The solution in #406 works by updating the conjure.Generate call such that, after writing all of the files from conjure.GenerateOutputFiles, it runs an extra import operation that may change the output.

However, the "verify" functionality of godel-conjure-plugin (https://github.com/palantir/godel-conjure-plugin/blob/6a408a96156a9ca98f3c92d18cd52786306e715c/conjureplugin/verify.go#L32) generates the expected files in-memory using just conjure.GenerateOutputFiles and performs a diff based on those checksums, so if the Generate function introduces any changes, they are not captured.

Basically, the usage in godel-conjure-plugin assumes that the output of individual Conjure files by conjure.Generate and conjure.GenerateOutputFiles must match. This happened to be true before the change above, but is no longer true after.

The most ideal solution would be to formalize this contract and fix the behavior of GenerateOutputFiles so that it creates the desired output. This puts us back to determining a solution for the imports without writing to disk first.

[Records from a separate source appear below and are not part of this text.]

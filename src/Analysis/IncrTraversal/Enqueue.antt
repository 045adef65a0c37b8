-- ===== src/Analysis/IncrTraversal/Enqueue.antt =====
-- What a walker of libtatum/tatum/graph_walkers/SerialIncrWalker.hpp keeps while it fills its queues.
use tatum.Prelude.{
  ℕ, ◌≡◌, refl, ◌∙◌, inl, inr, Bool, false, none, some, List, arith, length, ltb, Bool-cases,
  get_elem?_out, ltb→lt,
}
use tatum.Result.{Result, ok, err}
use tatum.Result.Ends.{
  Ends, Ends-branch, Ends-bind, Ends-mono, Ends-for_each, Ends-at, Returns→Ends,
}
use tatum.Container.{StrongId, at, insert}
use tatum.Graph.{TimingGraph, NodeId, EdgeId, LevelId, node_level, edge_sink_node, edge_src_node}
use tatum.Analysis.Queue.{Queue, is_marked, mark, enqueue_node}
use tatum.Analysis.Queue.Marks.{mark_lem}
use tatum.Analysis.Queue.Contents.{IsQueue, enqueue_node-IsQueue}
use tatum.Analysis.Incremental.{
  IncrWalk, invalidate_edge, enqueue_arr_node, enqueue_req_node, enqueue_sinks, enqueue_sources,
  enqueue_modified_node, prepare_edge,
}
use tatum.Analysis.Incremental.Edges.{IsInvalidated, SameQueues, invalidate_edge-IsInvalidated}
use tatum.Analysis.Incremental.Prepare.{Queued}

pub mark-Ends : (bits : List Bool) (id : StrongId) → Ends (λ bits'. Unit {0}) (mark bits id)
unfolding insert
mark-Ends bits none = λ e. cc
mark-Ends bits (some i) = let (bits', run, marks) = mark_lem bits i in rw run tt

pub at-Ends : {V : Type 0} (vec : List V) (id : StrongId) → Ends (λ v. Unit {0}) (at vec id)
at-Ends vec id = Ends-mono _ (λ v. Unit {0}) (at vec id) (Ends-at vec id) (λ v there. tt)

node_level-Ends : (tg : TimingGraph) (id : NodeId) → Ends (λ level. Unit {0}) (node_level tg id)
node_level-Ends tg id = elim (Bool-cases tg.is_levelized) [
  | inl levelized ↦ rw levelized (at-Ends tg.node_levels id)
  | inr not_levelized ↦ rw not_levelized tt
]

-- A queue stays well formed, with as many levels.
abbrev pub KeepsQueue : TimingGraph → Queue → Queue → Type 0
KeepsQueue tg q q' = IsQueue tg q' × (length q'.nodes_to_process ≡ length q.nodes_to_process)

module _ (tg : TimingGraph) (i : ℕ) (q : Queue) (h : IsQueue tg q) where
  enqueue_at :
      is_marked q.node_is_enqueued (some i) ≡ false
      → (level : Result LevelId) → node_level tg (some i) ≡ level
      → Ends (λ l. Unit {0}) level
      → Ends (KeepsQueue tg q) (enqueue_node tg (some i) q)
  unfolding enqueue_node
  enqueue_at new (err fault) is_level ends =
      let (bits, run, marks) = mark_lem q.node_is_enqueued i in
      rw (enqueue_node, new, run, is_level) ends
  enqueue_at new (ok none) is_level ends =
      let (bits, run, marks) = mark_lem q.node_is_enqueued i in
      rw (enqueue_node, new, run, is_level) (λ e. cc)
  enqueue_at new (ok (some l)) is_level ends =
      elim (Bool-cases (ltb l (length q.nodes_to_process))) [
        | inl in_range ↦
            Ends-mono _ (KeepsQueue tg q) (enqueue_node tg (some i) q)
              (Returns→Ends _ (enqueue_node tg (some i) q) (
                enqueue_node-IsQueue tg i l q h is_level
                  (ltb→lt l (length q.nodes_to_process) in_range)))
              (λ q' kept. (kept.0, kept.1))
        | inr out ↦
            let (bits, run, marks) = mark_lem q.node_is_enqueued i in
            rw
              (
                enqueue_node,
                new,
                run,
                is_level,
                get_elem?_out q.nodes_to_process l (ground (arith, out)),
              )
              (λ e. cc)
      ]

-- Any node: if it has no level in the queue, then the run stops.
pub enqueue_node-Ends :
    (tg : TimingGraph) (id : NodeId) (q : Queue)
    → IsQueue tg q
    → Ends (KeepsQueue tg q) (enqueue_node tg id q)
unfolding enqueue_node insert
enqueue_node-Ends tg none q h = λ e. cc
enqueue_node-Ends tg (some i) q h = elim (Bool-cases (is_marked q.node_is_enqueued (some i))) [
  | inl old ↦ rw (enqueue_node, old) (h, refl)
  | inr new ↦ enqueue_at tg i q h new (node_level tg (some i)) refl (node_level-Ends tg (some i))
]

module _ {S : Type 0} where
  pub invalidate_edge-Ends :
      (edge : EdgeId) (w : IncrWalk S)
      → IsInvalidated w
      → Ends (λ w'. IsInvalidated w' × SameQueues w w') (invalidate_edge edge w)
  unfolding invalidate_edge insert
  invalidate_edge-Ends none w h = λ e. cc
  invalidate_edge-Ends (some i) w h =
      Ends-mono _ _ (invalidate_edge (some i) w)
        (Returns→Ends _ (invalidate_edge (some i) w) (invalidate_edge-IsInvalidated i w h))
        (λ w' kept. (kept.0, kept.2))

module _ {S : Type 0} (tg : TimingGraph) (n : ℕ) where
  -- What a traversal keeps.
  pub record IsSound (w : IncrWalk S) : Type 0 where
    pub queued : Queued tg n w
    pub invalidated : IsInvalidated w

  abbrev pub Keeps : (IncrWalk S → Result (IncrWalk S)) → Type 0
  Keeps run = (w : IncrWalk S) → IsSound w → Ends IsSound (run w)

  invalidate_edge-Keeps : (edge : EdgeId) → Keeps (invalidate_edge edge)
  invalidate_edge-Keeps edge w h =
      Ends-mono _ IsSound (invalidate_edge edge w) (invalidate_edge-Ends edge w h.invalidated)
        (λ w' kept. record {
          queued = record {
            arr = rw kept.1.arr h.queued.arr;
            req = rw kept.1.req h.queued.req;
            arr_len = rw kept.1.arr h.queued.arr_len;
            req_len = rw kept.1.req h.queued.req_len;
          };
          invalidated = kept.0;
        })

  pub enqueue_arr_node-Keeps : (id : NodeId) (edge : EdgeId) → Keeps (enqueue_arr_node tg id edge)
  unfolding enqueue_arr_node
  enqueue_arr_node-Keeps id edge w h =
      Ends-bind IsSound IsSound (invalidate_edge edge w) _ (invalidate_edge-Keeps edge w h)
        (λ w' sound.
          Ends-bind (KeepsQueue tg w'.incr_arr_update) IsSound
            (enqueue_node tg id w'.incr_arr_update) _
            (enqueue_node-Ends tg id w'.incr_arr_update sound.queued.arr)
            (λ q queue. record {
              queued = record {
                arr = queue.0;
                req = sound.queued.req;
                arr_len = queue.1 ∙ sound.queued.arr_len;
                req_len = sound.queued.req_len;
              };
              invalidated = sound.invalidated;
            }))

  pub enqueue_req_node-Keeps : (id : NodeId) (edge : EdgeId) → Keeps (enqueue_req_node tg id edge)
  unfolding enqueue_req_node
  enqueue_req_node-Keeps id edge w h =
      Ends-bind IsSound IsSound (invalidate_edge edge w) _ (invalidate_edge-Keeps edge w h)
        (λ w' sound.
          Ends-bind (KeepsQueue tg w'.incr_req_update) IsSound
            (enqueue_node tg id w'.incr_req_update) _
            (enqueue_node-Ends tg id w'.incr_req_update sound.queued.req)
            (λ q queue. record {
              queued = record {
                arr = sound.queued.arr;
                req = queue.0;
                arr_len = sound.queued.arr_len;
                req_len = queue.1 ∙ sound.queued.req_len;
              };
              invalidated = sound.invalidated;
            }))

  pub prepare_edge-Keeps : (edge : EdgeId) → Keeps (prepare_edge tg edge)
  unfolding prepare_edge
  prepare_edge-Keeps edge w h =
      Ends-bind (λ snk. Unit {0}) IsSound (edge_sink_node tg edge) _
        (at-Ends tg.edge_sink_nodes edge)
        (λ snk_node found.
          Ends-bind IsSound IsSound (enqueue_arr_node tg snk_node edge w) _
            (enqueue_arr_node-Keeps snk_node edge w h)
            (λ w' sound.
              Ends-bind (λ src. Unit {0}) IsSound (edge_src_node tg edge) _
                (at-Ends tg.edge_src_nodes edge)
                (λ src_node found'. enqueue_req_node-Keeps src_node edge w' sound)))

  pub enqueue_sinks-Keeps : (edges : List EdgeId) → Keeps (enqueue_sinks tg edges)
  unfolding enqueue_sinks
  enqueue_sinks-Keeps edges w h = Ends-for_each IsSound edges w _ h (λ edge t sound.
      Ends-bind (λ snk. Unit {0}) IsSound (edge_sink_node tg edge) _
        (at-Ends tg.edge_sink_nodes edge)
        (λ snk_node found. enqueue_arr_node-Keeps snk_node edge t sound))

  pub enqueue_sources-Keeps : (edges : List EdgeId) → Keeps (enqueue_sources tg edges)
  unfolding enqueue_sources
  enqueue_sources-Keeps edges w h = Ends-for_each IsSound edges w _ h (λ edge t sound.
      Ends-bind (λ src. Unit {0}) IsSound (edge_src_node tg edge) _ (at-Ends tg.edge_src_nodes edge)
        (λ src_node found. enqueue_req_node-Keeps src_node edge t sound))

  pub enqueue_modified_node-Keeps : (id : NodeId) → Keeps (enqueue_modified_node id)
  unfolding enqueue_modified_node
  enqueue_modified_node-Keeps id w h =
      Ends-branch IsSound (is_marked w.node_is_modified id) _ _ (λ old. h)
        (λ new.
          Ends-bind (λ bits. Unit {0}) IsSound (mark w.node_is_modified id) _
            (mark-Ends w.node_is_modified id)
            (λ bits marked. record {
              queued = record {
                arr = h.queued.arr;
                req = h.queued.req;
                arr_len = h.queued.arr_len;
                req_len = h.queued.req_len;
              };
              invalidated = h.invalidated;
            }))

The other solution would be to declare that it cannot be assumed that the output of GenerateOutputFiles and Generate will match -- in this case, the implementation in godel-conjure-plugin would need to be changed to deal with this (for example, it may need to read all files into memory first, then perform "real" generation, read all the content of the written files, then restore the original files or something else like that).